Ed O’Brien: «E’ un sentimento umano di cui soffriamo quotidianamente. E’ importante per noi. Sono cresciuto con la musica degli Smiths, molto malinconica nei suoni e nei testi. La malinconia è un elemento positivo perché, quando non si tramuta in autocommiserazione, trasmette energia a chi ascolta. Non è vero che tristezza chiama tristezza. Quello è il primo passo, ma poi si scatena una reazione positiva. La miglior letteratura, i più grandi romanzi non sono certo allegri e spensierati».
Phil Selway: «I momenti belli li vivi, quelli brutti li analizzi e, se riesci, li trasformi in arte».

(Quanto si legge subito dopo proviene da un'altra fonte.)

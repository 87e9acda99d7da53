-- ===== src/Tests/Groups.antt =====
-- Runs of the groups of a daemon, over lists in place of the skip lists.
use mathlib.Core.List.{Permᴰ}
use mathlib.Core.List.Perm
use mathlib.Core.List.Permᴰ as PermD
use mathlib.Core.Option.{some-injective}
use in5020_distribuerte_syst.Prelude.{
  ◌≡◌, ◌↔◌, refl, true, false, [], ◌∷◌, ◌++◌, none, some, pos, arith, inl, ◌>>=◌, length, map, All,
}
use in5020_distribuerte_syst.Conf.{Proc, Configuration, num_procs, proc_by_id}
use in5020_distribuerte_syst.Prot.Store.{MembershipId}
use in5020_distribuerte_syst.Tests.Conf.{machine, segment}
use in5020_distribuerte_syst.Tests.Skiplists.{listed}
use in5020_distribuerte_syst.Tests.DaemonsLists.{listed_daemons}
use in5020_distribuerte_syst.Groups.{
  Name, Group, DaemonMembers, Env, Phase, gop, gtrans, name_dec, IsListed, compare_proc_ids_by_conf,
  get_daemon,
}
use in5020_distribuerte_syst.Groups.Notices.{
  send_lightweight_memb, VsSets, all_members, build_memb_vs_buf,
}
use in5020_distribuerte_syst.Groups.Notices.Listed.{flatten}
use in5020_distribuerte_syst.Groups.Notices.Sets.{IsJoiner, build_memb_vs_buf-lists}
use in5020_distribuerte_syst.Groups.State.{State}
use in5020_distribuerte_syst.Groups.Names.{private_to_names}
use in5020_distribuerte_syst.Groups.Handlers.{handle_join, join_group}
use in5020_distribuerte_syst.Groups.Departures.{handle_leave, handle_kill, leave_group}
use in5020_distribuerte_syst.Groups.Names.Private.{IsPart, private_to_names_iff}
use in5020_distribuerte_syst.Groups.Exchange.{add_to_synced_set}
use in5020_distribuerte_syst.Groups.Exchange.Synced.{add_to_synced_set-Returns}
use in5020_distribuerte_syst.Groups.Memberships.{handle_trans_memb, handle_reg_memb}
use in5020_distribuerte_syst.Groups.Whole.{IsWhole}
use in5020_distribuerte_syst.Groups.Whole.Join.{HasSession}
use in5020_distribuerte_syst.Groups.Whole.Daemon.{IsSound, FindsAll, handle_join-IsSound}
use in5020_distribuerte_syst.Groups.Whole.Leave.{handle_leave-IsSound}
use in5020_distribuerte_syst.Groups.Whole.Kill.{handle_kill-IsSound}
use in5020_distribuerte_syst.Groups.Whole.Cut.{IsMarkedBy, handle_trans_memb-IsSound}
use in5020_distribuerte_syst.Groups.Whole.Restart.{handle_reg_memb-IsSound}

-- Two daemons, b and c; this is b.
abbrev here_b : Proc
here_b = record (machine 11 0 0) { name = 98 ∷ [] }

abbrev there_c : Proc
there_c = record (machine 12 0 1) { name = 99 ∷ [] }

abbrev env : Env
env = record {
  my = here_b;
  table = here_b ∷ there_c ∷ [];
  mbox_of = λ n. elim n [ [] ↦ none | c ∷ _ ↦ some c ];
  is_memb = λ _. true;
  unset = ([], []);
  unset_synced = [];
  header_size = 48;
  groups_list = listed (λ g. g.name) name_dec;
  daemons_list = listed_daemons (here_b ∷ there_c ∷ []);
  members_list = listed (λ n. n) name_dec;
  vs_order = some;
  vs_order-perm = λ ds _ _. (ds, refl, PermD.refl ds);
}

-- The private groups #a#b, #d#c and #z#b, and a group g.
abbrev anna : Name
anna = 35 ∷ 97 ∷ 35 ∷ 98 ∷ []

abbrev dora : Name
dora = 35 ∷ 100 ∷ 35 ∷ 99 ∷ []

abbrev zoe : Name
zoe = 35 ∷ 122 ∷ 35 ∷ 98 ∷ []

abbrev first_id : MembershipId
first_id = record { proc_id = 11; time = pos 5 }

abbrev second_id : MembershipId
second_id = record { proc_id = 11; time = pos 6 }

abbrev members_b : DaemonMembers
members_b = record { proc_id = 11; memb_id = first_id; members = anna ∷ [] }

abbrev members_c : DaemonMembers
members_c = record { proc_id = 12; memb_id = first_id; members = dora ∷ [] }

abbrev group_g : Group
group_g = record {
  name = 103 ∷ [];
  grp_id = record { memb_id = first_id; index = 2 };
  changed = false;
  num_members = 2;
  daemons = members_b ∷ members_c ∷ [];
  mboxes = 97 ∷ [];
}

abbrev both : Configuration
both = record { hash_code = 7; segments = segment (here_b ∷ there_c ∷ []) ∷ [] }

abbrev alone : Configuration
alone = record { hash_code = 7; segments = segment (here_b ∷ []) ∷ [] }

abbrev state_in : Phase → State
state_in phase = record {
  phase = phase;
  groups = group_g ∷ [];
  num_groups = 1;
  trans_memb = both;
  trans_memb_id = first_id;
  reg_memb = both;
  reg_memb_id = first_id;
  synced = 11 ∷ [];
  own_complete = false;
  gathered = [];
  num_mess_gathered = 0;
  num_daemons_gathered = 0;
  normal_down_queue = true;
  session_threshold = 0;
  groups_bufs = [];
  bufs_fresh = false;
  sent = [];
  told = [];
}

env-FindsAll : FindsAll env.table
unfolding IsListed proc_by_id
env-FindsAll = ((0, here_b, refl, refl), ((1, there_c, refl, refl), tt))

-- A daemon that the configuration does not find is compared with none.
unknown_daemon : get_daemon env group_g 99 ≡ none
unfolding compare_proc_ids_by_conf proc_by_id
unknown_daemon = refl

group_g-IsWhole : IsWhole env group_g
unfolding private_to_names
group_g-IsWhole = record {
  apart = ((λ e. ground arith, tt), (tt, tt));
  full = ((omega arith, (tt, tt)), ((omega arith, (tt, tt)), tt));
  count = refl;
  boxes = Perm.refl (some 97 ∷ []);
  marked = (λ p. ground arith, (λ p. ground arith, tt));
  listed = env-FindsAll;
}

state_in-IsSound : (phase : Phase) → IsSound env (state_in phase)
state_in-IsSound phase = record {
  names = (tt, tt);
  kept = (
    record { whole = group_g-IsWhole; some_left = omega arith; known = refl; calm = λ _. refl },
    tt,
  );
  counted = refl;
  reg_known = refl;
  trans_known = refl;
}

zoe-HasSession : HasSession env 11 zoe
unfolding private_to_names
zoe-HasSession = λ _. (122, refl)

-- Anna is told that Zoe joined, with the three members.
joined_zoe : (handle_join env (state_in gop) zoe (103 ∷ []) >>= λ s. some (length s.told)) ≡ some 2
unfolding handle_join name_dec private_to_names join_group send_lightweight_memb
    compare_proc_ids_by_conf proc_by_id
joined_zoe = refl

left_anna :
    (handle_leave env (state_in gop) anna (103 ∷ []) >>= λ s.
    some (map (λ g. g.num_members) s.groups))
    ≡ some (1 ∷ [])
unfolding handle_leave name_dec private_to_names leave_group compare_proc_ids_by_conf proc_by_id
left_anna = refl

killed_dora :
    (handle_kill env (state_in gop) dora >>= λ s. some (map (λ g. g.num_members) s.groups))
    ≡ some (1 ∷ [])
unfolding handle_kill name_dec private_to_names compare_proc_ids_by_conf proc_by_id
killed_dora = refl

handle_join-IsSound_example :
    (s' : State) × (handle_join env (state_in gop) zoe (103 ∷ []) ≡ some s') × IsSound env s'
unfolding private_to_names name_dec
handle_join-IsSound_example =
    handle_join-IsSound env (state_in gop) zoe (103 ∷ []) here_b (inl refl) (state_in-IsSound gop)
      env-FindsAll refl zoe-HasSession

handle_leave-IsSound_example :
    (s' : State) × (handle_leave env (state_in gop) anna (103 ∷ []) ≡ some s') × IsSound env s'
handle_leave-IsSound_example =
    handle_leave-IsSound env (state_in gop) anna (103 ∷ []) (inl refl) (state_in-IsSound gop)
      env-FindsAll

handle_kill-IsSound_example :
    (s' : State) × (handle_kill env (state_in gop) dora ≡ some s') × IsSound env s'
handle_kill-IsSound_example =
    handle_kill-IsSound env (state_in gop) dora (inl refl) (state_in-IsSound gop) env-FindsAll

handle_trans_memb-IsSound_example :
    (s' : State) × (handle_trans_memb env (state_in gop) alone second_id ≡ some s')
    × (s'.phase ≡ gtrans)
    × IsSound env s'
    × All (IsMarkedBy alone) s'.groups
handle_trans_memb-IsSound_example =
    handle_trans_memb-IsSound env (state_in gop) alone second_id refl refl (state_in-IsSound gop)

handle_reg_memb-IsSound_example :
    (s' : State) × (handle_reg_memb env (state_in gtrans) both second_id ≡ some s')
    × (s'.phase ≡ gop)
    × IsSound env s'
unfolding num_procs
handle_reg_memb-IsSound_example =
    handle_reg_memb-IsSound env (state_in gtrans) both second_id refl refl refl
      (state_in-IsSound gtrans) ((λ _. refl, (λ _. refl, tt)), tt)

build_memb_vs_buf-lists_example :
    (v : VsSets) × (build_memb_vs_buf env group_g (some anna) ≡ some v)
    × Permᴰ (flatten v.sets) (all_members group_g.daemons)
unfolding IsJoiner
build_memb_vs_buf-lists_example =
    build_memb_vs_buf-lists env group_g (some anna) env-FindsAll group_g-IsWhole.apart
      (λ a. a.0 refl)

private_to_names_iff_example :
    (private_to_names anna ≡ some (97 ∷ [], 98 ∷ []))
    ↔ ((anna ≡ 35 ∷ ((97 ∷ []) ++ 35 ∷ 98 ∷ [])) × IsPart 10 (97 ∷ []) × IsPart 19 (98 ∷ []))
private_to_names_iff_example = private_to_names_iff anna (97 ∷ []) (98 ∷ [])

add_to_synced_set-Returns_example :
    (s' : State) × (add_to_synced_set env (12 ∷ []) (state_in gop) ≡ some s')
    × Permᴰ ((11 ∷ []) ++ 12 ∷ []) s'.synced
unfolding proc_by_id
add_to_synced_set-Returns_example =
    add_to_synced_set-Returns env (state_in gop) (12 ∷ []) ((0, refl), tt) ((1, refl), tt)
      ((λ e. ground (arith, some-injective 0 1 e), tt), tt)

Il successo vi ha viziato o nutrito?
Phil Selway: «Dipende dai periodi. Il successo è una forza ambigua che aggiunge o sottrae. A volte sembra che ti spinga come un toro nell’arena, come un animale che crede di essere imbattibile ma che imbattibile non è, tanto che finisce sempre ucciso. E’ difficile convivere non con il successo, ma con la paura che il successo finisca. Credo che la fama sia importante quando ti aiuta a capire come sei e come sono gli altri, perché se riesci a capirlo in condizioni difficili, allora sei a posto per sempre. Il più delle volte, però, finisce per trasformarti in qualcuno che non conoscevi prima di diventare famoso. E che forse non avresti mai voluto conoscere».